Queer literature – “research what you feel like – and sleep a lot!”

The gaps in the story: nobody is black or queer or both – Bourgeoise moral image in the England of the 19th century, painted by Auguste Racinet.

Photo: Imago images/kharbine-tapabor

You have translated the novel “Lote” by Shola by Reinhold from English. It deals with the young black mentally worker Mathilda Adamarola and the historic black poet Hermia third. The two separate a century, but it also connects a lot, right? Can you briefly introduce us to the protagonists?

Mathilda lives in London’s present, as a marginalized person outside and contrary to the institutions on their own archive searches to their so-called transcinations: queer people from the history with whom she feels such a deep, trans-historical connection that in the best sense you run a shiver over your back. One of these transcinations is Hermia third, a black poet from British modernism. In fact, she didn’t exist, it is a fiction of the novel – but what does that mean? Maybe she or someone like her. The novel asks the question of the forgotten presence of black people and especially artists in Europe in the past centuries. The novel tries to fill the gaps in historiography speculatively, fictional and fragmented.

Interview

Lisa Jay Jeschke is a translator from the English and poet and lives after a long stay in Great Britain in Munich. Jeschke is interested in poetry as a subculture, language work and place that is open to everyone who needs a break. Last poetry publication: (Critical Documents, London 2024).

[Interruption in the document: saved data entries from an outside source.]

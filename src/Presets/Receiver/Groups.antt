-- ===== src/Presets/Receiver/Groups.antt =====
-- What is collected of a file, said of the calls as a whole.
use wrac_plugin_template.Prelude.{
  ℕ, Bool, true, false, ◌||◌, if◌then◌else◌, List, [], ◌∷◌, ◌++◌, Option, none, some,
}
use wrac_plugin_template.Prelude.Text.{Text}
use wrac_plugin_template.Presets.{PresetEntry}
use wrac_plugin_template.Presets.Receiver.{
  Call, on_error, begin_preset, add_plugin_id, set_soundpack_id, set_flags, add_creator,
  set_description, set_timestamps, add_feature, add_extra_info, Receiver, is_for, unless_empty,
  new_entry,
}

-- The calls up to the next preset.
unfoldable pub details : List Call → List Call
details [] = []
details (begin_preset name key ∷ calls) = []
details (on_error ∷ calls) = on_error ∷ details calls
details (add_plugin_id id ∷ calls) = add_plugin_id id ∷ details calls
details (set_soundpack_id id ∷ calls) = set_soundpack_id id ∷ details calls
details (set_flags flags ∷ calls) = set_flags flags ∷ details calls
details (add_creator c ∷ calls) = add_creator c ∷ details calls
details (set_description d ∷ calls) = set_description d ∷ details calls
details (set_timestamps c m ∷ calls) = set_timestamps c m ∷ details calls
details (add_feature f ∷ calls) = add_feature f ∷ details calls
details (add_extra_info ∷ calls) = add_extra_info ∷ details calls

-- What one call says of each property.
abbrev pub soundpack_in : Call → Option Text
soundpack_in (set_soundpack_id id) = id
soundpack_in c = none

abbrev pub description_in : Call → Option Text
description_in (set_description d) = d
description_in c = none

abbrev pub flags_in : Call → Option ℕ
flags_in (set_flags f) = some f
flags_in c = none

abbrev pub times_in : Call → Option (ℕ × ℕ)
times_in (set_timestamps c m) = some (c, m)
times_in c = none

abbrev pub creators_in : Call → List Text
creators_in (add_creator c) = unless_empty c
creators_in c = []

abbrev pub features_in : Call → List Text
features_in (add_feature f) = unless_empty f
features_in c = []

abbrev pub ids_in : Call → List (Option Text × Option Text)
ids_in (add_plugin_id (some id)) = id ∷ []
ids_in c = []

-- The last that calls say, or what was there before, and all that they say.
abbrev pub last_of : {A : Type 0} → (Call → Option A) → A → List Call → A
last_of said old [] = old
last_of said old (c ∷ calls) = last_of said (elim (said c) [ none ↦ old | some new ↦ new ]) calls

abbrev pub all_of : {A : Type 0} → (Call → List A) → List Call → List A
all_of said [] = []
all_of said (c ∷ calls) = said c ++ all_of said calls

abbrev pub any_for : Text → List (Option Text × Option Text) → Bool
any_for plugin [] = false
any_for plugin (id ∷ ids) = is_for plugin id || any_for plugin ids

abbrev pub is_none : {A : Type 0} → List A → Bool
is_none [] = true
is_none (x ∷ xs) = false

-- The entry of a preset, and whether it is one of the plugin: it names no plugin or this one.
abbrev pub described : PresetEntry → List Call → PresetEntry
described e calls = record e {
  collection_id = last_of soundpack_in e.collection_id calls;
  description = last_of description_in e.description calls;
  creators = e.creators ++ all_of creators_in calls;
  features = e.features ++ all_of features_in calls;
  flags = last_of flags_in e.flags calls;
  creation_time = (last_of times_in (e.creation_time, e.modification_time) calls).0;
  modification_time = (last_of times_in (e.creation_time, e.modification_time) calls).1;
}

abbrev pub is_wanted : Text → List Call → Bool
is_wanted plugin calls = is_none (all_of ids_in calls) || any_for plugin (all_of ids_in calls)

-- The entry of a call that begins a preset, with the calls after it.
abbrev pub entry_at : Receiver → Call → List Call → List PresetEntry
entry_at r (begin_preset name key) calls =
    if is_wanted r.plugin_id (details calls)
    then described (new_entry r name key) (details calls) ∷ []
    else []
entry_at r c calls = []

abbrev pub entries_of : Receiver → List Call → List PresetEntry
entries_of r [] = []
entries_of r (c ∷ calls) = entry_at r c calls ++ entries_of r calls
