-- ===== src/Presets/Crawl/Found.antt =====
-- What a crawl finds: the files that are visited and what the providers say of them, without the state
-- of the loops.
use wrac_plugin_template.Prelude.{
  ℕ, Bool, not, ◌||◌, ◌==◌, ltb, if◌then◌else◌, List, [], ◌∷◌, ◌++◌, map, take, Option, none, some,
}
use wrac_plugin_template.Prelude.Text.{Text}
use wrac_plugin_template.Presets.{PresetEntry}
use wrac_plugin_template.Presets.Receiver.{Call, Receiver}
use wrac_plugin_template.Presets.Receiver.Groups.{entries_of}
use wrac_plugin_template.Presets.Declarations.{Kinds, Location, Declarations, matches_extension}
use wrac_plugin_template.Presets.Crawl.{
  FileEntry, unread, entry, FileSystem, Provider, max_crawl_depth, max_presets_per_location,
  declarations_of, is_usable, new_receiver,
}

-- The files of a directory that have a declared extension and stand no deeper than the bound.
abbrev pub is_preset : List Text → ℕ → Bool → Text → Bool
is_preset extensions depth regular extension =
    not (ltb max_crawl_depth depth || (not regular || not (matches_extension extensions extension)))

abbrev pub preset_files : List Text → List FileEntry → List Text
preset_files extensions [] = []
preset_files extensions (unread ∷ entries) = preset_files extensions entries
preset_files extensions (entry depth regular extension path ∷ entries) =
    if is_preset extensions depth regular extension
    then path ∷ preset_files extensions entries
    else preset_files extensions entries

-- What is visited, as it is recorded and as the provider is told.
abbrev pub visits_at : Kinds → FileSystem → List Text → Location → List (Text × Option Text)
visits_at kinds files extensions l =
    if l.kind == kinds.plugin
    then ([], none) ∷ []
    else if files.is_regular_file l.location
    then (l.location, some l.location) ∷ []
    else if not (files.is_directory l.location)
    then []
    else map (λ p. (p, some p))
        (take max_presets_per_location (preset_files extensions (files.walk l.location)))

-- The presets of some visits; what is recorded with each is the kind and the flags of the location.
abbrev pub read_at : Receiver → ℕ → ℕ → Text → List PresetEntry → Receiver
read_at b k f place collected = record b {
  location_kind = k;
  location_flags = f;
  location = place;
  collected = collected;
  pending = [];
}

abbrev pub found_in :
    Receiver → ℕ → ℕ → (Option Text → List Call) → List (Text × Option Text) → List PresetEntry
found_in b k f metadata [] = []
found_in b k f metadata (v ∷ visits) =
    entries_of (read_at b k f v.0 []) (metadata v.1) ++ found_in b k f metadata visits

abbrev pub found_at :
    Kinds
    → FileSystem
    → Receiver
    → List Text
    → (ℕ → Option Text → List Call)
    → List Location
    → List PresetEntry
found_at kinds files b extensions metadata [] = []
found_at kinds files b extensions metadata (l ∷ locations) =
    found_in b l.kind l.flags (metadata l.kind) (visits_at kinds files extensions l)
    ++ found_at kinds files b extensions metadata locations

module _ (kinds : Kinds) (files : FileSystem) (plugin_id : Text) (timestamp_unknown : ℕ) where
  abbrev pub reader : Receiver
  reader = new_receiver kinds files plugin_id timestamp_unknown

  -- What a provider has of the plugin.
  abbrev pub found_of : Declarations → Option (ℕ → Option Text → List Call) → List PresetEntry
  found_of d none = []
  found_of d (some metadata) = found_at kinds files reader d.extensions metadata d.locations

  abbrev pub found_by : Provider → List PresetEntry
  found_by p =
      if is_usable kinds files p
      then found_of (declarations_of kinds files p) p.get_metadata
      else []

  abbrev pub found_by_all : List Provider → List PresetEntry
  found_by_all [] = []
  found_by_all (p ∷ providers) = found_by p ++ found_by_all providers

Now Mathilda is not made her work easy: Right at the beginning of the book, the gatekeeper does not want to let her in the archive – her workplace – because in his opinion it does not look like someone who belongs in such a place. It seems too eccentric in its appearance. What role do eccentric appearance, eccentric clothing in the novel?

A big role! Mathilda and Hermia dress eccentric. And again and again it is pointed out that this is a transgression that black people are not actually allowed. In order to say it: What is “eccentric” for the white aristocracy is quickly devalued in black people as “madness”. Even in an expanded sense, detailed and indulgent descriptions of fashion, hairstyles, interior lining, architecture are important for the novel. Because the western history of the intellectual history of Plato to Hegel to the modernism of Adolf Loos has repeatedly seen ornament, excess and play as a mere decoration and also associated and devalued Misogyn with femininity. On the other hand, the novel sets a celebration of the surface, also of beauty and luxury – a recovery from a precarious position.

To stay with the description art you mentioned: You write poetry in German and in English and have experience in translating poems. What are the challenges for you when translating “Lote”? Did you get in touch with the author?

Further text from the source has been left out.